WORK TO BE COMPLETED :: Output exactly the lines below, starting with the line that has "inr some_left ↦" and going on through the line that has "-- front of", both included, and no other lines.
:::
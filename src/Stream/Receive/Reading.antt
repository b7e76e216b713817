-- ===== src/Stream/Receive/Reading.antt =====
-- What the three reading methods return.
use anyserial.Base.{
  ℕ, ◌≤◌, ◌<◌, ◌≡◌, ◌⊎◌, inl, inr, refl, Option, none, some, List, [], ◌∷◌, ◌++◌, length, drop,
  length-append, length-drop, arith, ℤ, pos, negsuc, if_intro, subst, ◌==◌, if◌then◌else◌,
  Bool-cases,
}
use anyserial.Errors.{Result, ok, raise, is_retry}
use anyserial.Backend.Protocol.{SyncBackend}
use anyserial.Stream.Port.{Port, Task, Wake, ready, threw, Reply, Outcome, finished, parked}
use anyserial.Stream.Loop.{resume}
use anyserial.Stream.Receive.{
  read_step, after_read, after_waiting, buffer_size, limited, resume_receive, resume_receive_into,
  resume_available, resume_available_again, fill,
}

-- The documented behaviour of a read: no more bytes than the buffer holds.
pub record ReadsWithin {B : Type 0} (be : SyncBackend B) : Type 0 where
  pub fits : (n : ℕ) (b : B) (xs : List ℕ) → (be.read_nonblocking n b).0 ≡ ok xs → length xs ≤ n

-- `limit` allows that many bytes.
abbrev pub Allows : Option ℤ → ℕ → Type 0
Allows none n = Unit
Allows (some (pos m)) n = n ≤ m
Allows (some (negsuc m)) n = n ≡ 0

limited-Allows : (size : ℕ) (limit : Option ℤ) → Allows limit (limited size limit)
unfolding limited
limited-Allows size none = tt
limited-Allows size (some (pos n)) = ground arith
limited-Allows size (some (negsuc n)) = refl

-- The bytes read go to the front of the caller's buffer; its size and its rest stay.
pub record IsFilled (buffer xs after : List ℕ) : Type 0 where
  pub some_read : 0 < length xs
  pub fits : length xs ≤ length buffer
  pub size : length after ≡ length buffer
  pub whole : after ≡ xs ++ drop (length xs) buffer

fill-IsFilled :
    (buffer xs : List ℕ)
    → 0 < length xs
    → length xs ≤ length buffer
    → IsFilled buffer xs (xs ++ drop (length xs) buffer)
fill-IsFilled buffer xs h k = record {
  some_read = h;
  fits = k;
  size = omega (arith, length-append xs (drop (length xs) buffer), length-drop (length xs) buffer);
  whole = refl;
}

-- No byte may be returned under this limit.
abbrev pub NoRoom : Option ℤ → Type 0
NoRoom none = ⊥
NoRoom (some (pos n)) = n ≡ 0
NoRoom (some (negsuc n)) = Unit

Allows-le : (limit : Option ℤ) (n size : ℕ) → n ≤ size → Allows limit size → Allows limit n
Allows-le none n size h a = tt
Allows-le (some (pos m)) n size h a = omega arith
Allows-le (some (negsuc m)) n size h a = omega arith

no_room : (size : ℕ) (limit : Option ℤ) → 0 < size → limited size limit ≡ 0 → NoRoom limit
unfolding limited
no_room size none h z = absurd (omega arith)
no_room size (some (pos n)) h z = ground arith
no_room size (some (negsuc n)) h z = tt

module _ {B : Type 0} (be : SyncBackend B) (law : ReadsWithin be) where
  -- These are the bytes that the backend reads, one or more and at most `size`.
  pub record IsRead (b : B) (size : ℕ) (xs : List ℕ) : Type 0 where
    pub from_backend : (be.read_nonblocking size b).0 ≡ ok xs
    pub some_read : 0 < length xs
    pub fits : length xs ≤ size

  -- A read loop parks again as it was, raises, or returns what the backend read.
  abbrev pub Reads : Task → (List ℕ → Reply) → ℕ → B → Outcome → Type 0
  Reads again reply size b (parked t) = t ≡ again
  Reads again reply size b (finished (raise e)) = Unit
  Reads again reply size b (finished (ok r)) = (xs : List ℕ) × (r ≡ reply xs) × IsRead b size xs

  after_read-Reads :
      (again : Task) (reply : List ℕ → Reply) (size : ℕ) (p : Port B) (b : B) (r : Result (List ℕ))
      → (be.read_nonblocking size b).0 ≡ r
      → Reads again reply size b (after_read be again reply p r).1
  unfolding after_read
  after_read-Reads again reply size p b (ok []) e = tt
  after_read-Reads again reply size p b (ok (x ∷ xs)) e = (
    x ∷ xs,
    refl,
    record { from_backend = e; some_read = omega arith; fits = law.fits size b (x ∷ xs) e },
  )
  after_read-Reads again reply size p b (raise e) f =
      if_intro (λ (o : Port B × Outcome). Reads again reply size b o.1) (is_retry e) _ _ refl tt

  read_step-Reads :
      (again : Task) (reply : List ℕ → Reply) (size : ℕ) (k : Wake) (p : Port B)
      → Reads again reply size p.backend (read_step be again reply size k p).1
  unfolding read_step
  read_step-Reads again reply size (threw e) p = tt
  read_step-Reads again reply size ready p =
      if_intro (λ (o : Port B × Outcome). Reads again reply size p.backend o.1) p.closed _ _ tt
        (after_read-Reads again reply size _ p.backend (be.read_nonblocking size p.backend).0 refl)

  -- What each reading method may answer when it is resumed on a backend.
  abbrev pub Answer : Task → B → Outcome → Type 0
  Answer (Task.receiving n fd) b o = Reads (Task.receiving n fd) Reply.received n b o
  Answer (Task.receiving_into buffer fd) b (parked t) = t ≡ Task.receiving_into buffer fd
  Answer (Task.receiving_into buffer fd) b (finished (raise e)) = Unit
  Answer (Task.receiving_into buffer fd) b (finished (ok r)) =
      (xs : List ℕ) × (after : List ℕ) × (r ≡ Reply.filled (length xs) after)
      × IsRead b (length buffer) xs
      × IsFilled buffer xs after
  Answer (Task.available limit fd) b (parked t) =
      (size : ℕ) × (t ≡ Task.available_again size fd) × (0 < size) × Allows limit size
  Answer (Task.available limit fd) b (finished (raise e)) = Unit
  Answer (Task.available limit fd) b (finished (ok r)) =
      (xs : List ℕ) × (r ≡ Reply.received xs)
      × Allows limit (length xs)
      × (((size : ℕ) × IsRead (be.input_waiting b).1 size xs) ⊎ (NoRoom limit × (xs ≡ [])))
  Answer (Task.available_again size fd) b o =
      Reads (Task.available_again size fd) Reply.received size b o
  Answer _ b o = Unit

  filled-Answer :
      (buffer : List ℕ) (fd : ℤ) (b : B) (o : Outcome)
      → Reads (Task.receiving_into buffer fd) (fill buffer) (length buffer) b o
      → Answer (Task.receiving_into buffer fd) b o
  filled-Answer buffer fd b (parked t) h = h
  filled-Answer buffer fd b (finished (raise e)) h = tt
  filled-Answer buffer fd b (finished (ok r)) h =
      let (xs, e, i) = h in
      (xs, xs ++ drop (length xs) buffer, e, i, fill-IsFilled buffer xs i.some_read i.fits)

  available-Answer :
      (limit : Option ℤ) (fd : ℤ) (size : ℕ) (b : B) (o : Outcome)
      → 0 < size
      → Allows limit size
      → Reads (Task.available_again size fd) Reply.received size (be.input_waiting b).1 o
      → Answer (Task.available limit fd) b o
  available-Answer limit fd size b (parked t) z a h = (size, h, z, a)
  available-Answer limit fd size b (finished (raise e)) z a h = tt
  available-Answer limit fd size b (finished (ok r)) z a h =
      let (xs, e, i) = h in (xs, e, Allows-le limit (length xs) size i.fits a, inl (size, i))

  after_waiting-Answer :
      (limit : Option ℤ) (fd : ℤ) (p : Port B) (b : B) (r : Result ℕ)
      → 0 < p.config.read_chunk_size
      → p.backend ≡ (be.input_waiting b).1
      → Answer (Task.available limit fd) b (after_waiting be limit fd p r).1
  unfolding after_waiting buffer_size
  after_waiting-Answer limit fd p b (raise e) c s = tt
  after_waiting-Answer limit fd p b (ok waiting) c s =
      let base = if waiting == 0 then p.config.read_chunk_size else waiting in
      let positive : 0 < base = ground arith in
      let size = limited base limit in
      elim (Bool-cases (size == 0)) [
        | inl none_left ↦ rw none_left (
          [],
          refl,
          Allows-le limit 0 size (omega arith) (limited-Allows base limit),
          inr (no_room base limit positive (ground arith), refl),
        )
        | inr some_left ↦ rw some_left (
            available-Answer limit fd size b _ (ground arith) (limited-Allows base limit) (
              subst
                (λ q.
                  Reads (Task.available_again size fd) Reply.received size q
                    (read_step be (Task.available_again size fd) Reply.received size ready p).1)
                s (read_step-Reads (Task.available_again size fd) Reply.received size ready p)))
      ]

  -- A backend never reads more than the buffer holds, and the configured read chunk is not 0.
  -- However a reading coroutine is resumed, it parks, or raises, or returns exactly the bytes that the
  -- backend reads at that moment, one or more and at most what was asked for: `receive` and the
  -- retries of `receive_available` these bytes, `receive_into` their number, with the bytes at the
  -- front of the caller's buffer and the rest of it untouched. `receive_available`, first resumed,
  -- returns the bytes read after the queue was asked for its depth, no more than its limit allows,
  -- or no byte where the limit leaves no room for one. Each parks again with the arguments that it
  -- had, `receive_available` then as a retry of a size that its limit allows.
  pub resume-Answer :
      (t : Task) (k : Wake) (p : Port B)
      → 0 < p.config.read_chunk_size
      → Answer t p.backend (resume be t k p).1
  unfolding resume resume_receive resume_receive_into resume_available resume_available_again
  resume-Answer (Task.receiving n fd) k p c =
      read_step-Reads (Task.receiving n fd) Reply.received n k p
  resume-Answer (Task.receiving_into buffer fd) k p c =
      filled-Answer buffer fd p.backend _
        (read_step-Reads (Task.receiving_into buffer fd) (fill buffer) (length buffer) k p)
  resume-Answer (Task.available limit fd) (threw e) p c = tt
  resume-Answer (Task.available limit fd) ready p c =
      if_intro (λ (x : Port B × Outcome). Answer (Task.available limit fd) p.backend x.1) p.closed _
        _ tt (after_waiting-Answer limit fd _ p.backend (be.input_waiting p.backend).0 c refl)
  resume-Answer (Task.available_again size fd) k p c =
      read_step-Reads (Task.available_again size fd) Reply.received size k p
  resume-Answer (Task.sending rest fd) k p c = tt
  resume-Answer (Task.draining bps above below) k p c = tt
  resume-Answer Task.draining_exact k p c = tt
  resume-Answer (Task.breaking d) k p c = tt
  resume-Answer Task.close_turn k p c = tt
  resume-Answer (Task.configure_turn config) k p c = tt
:::
RESULT OF THIS TASK ::
        | inr some_left ↦ rw some_left (
            available-Answer limit fd size b _ (ground arith) (limited-Allows base limit) (
              subst
                (λ q.
                  Reads (Task.available_again size fd) Reply.received size q
                    (read_step be (Task.available_again size fd) Reply.received size ready p).1)
                s (read_step-Reads (Task.available_again size fd) Reply.received size ready p)))
      ]

  -- A backend never reads more than the buffer holds, and the configured read chunk is not 0.
  -- However a reading coroutine is resumed, it parks, or raises, or returns exactly the bytes that the
  -- backend reads at that moment, one or more and at most what was asked for: `receive` and the
  -- retries of `receive_available` these bytes, `receive_into` their number, with the bytes at the
  -- front of the caller's buffer and the rest of it untouched. `receive_available`, first resumed,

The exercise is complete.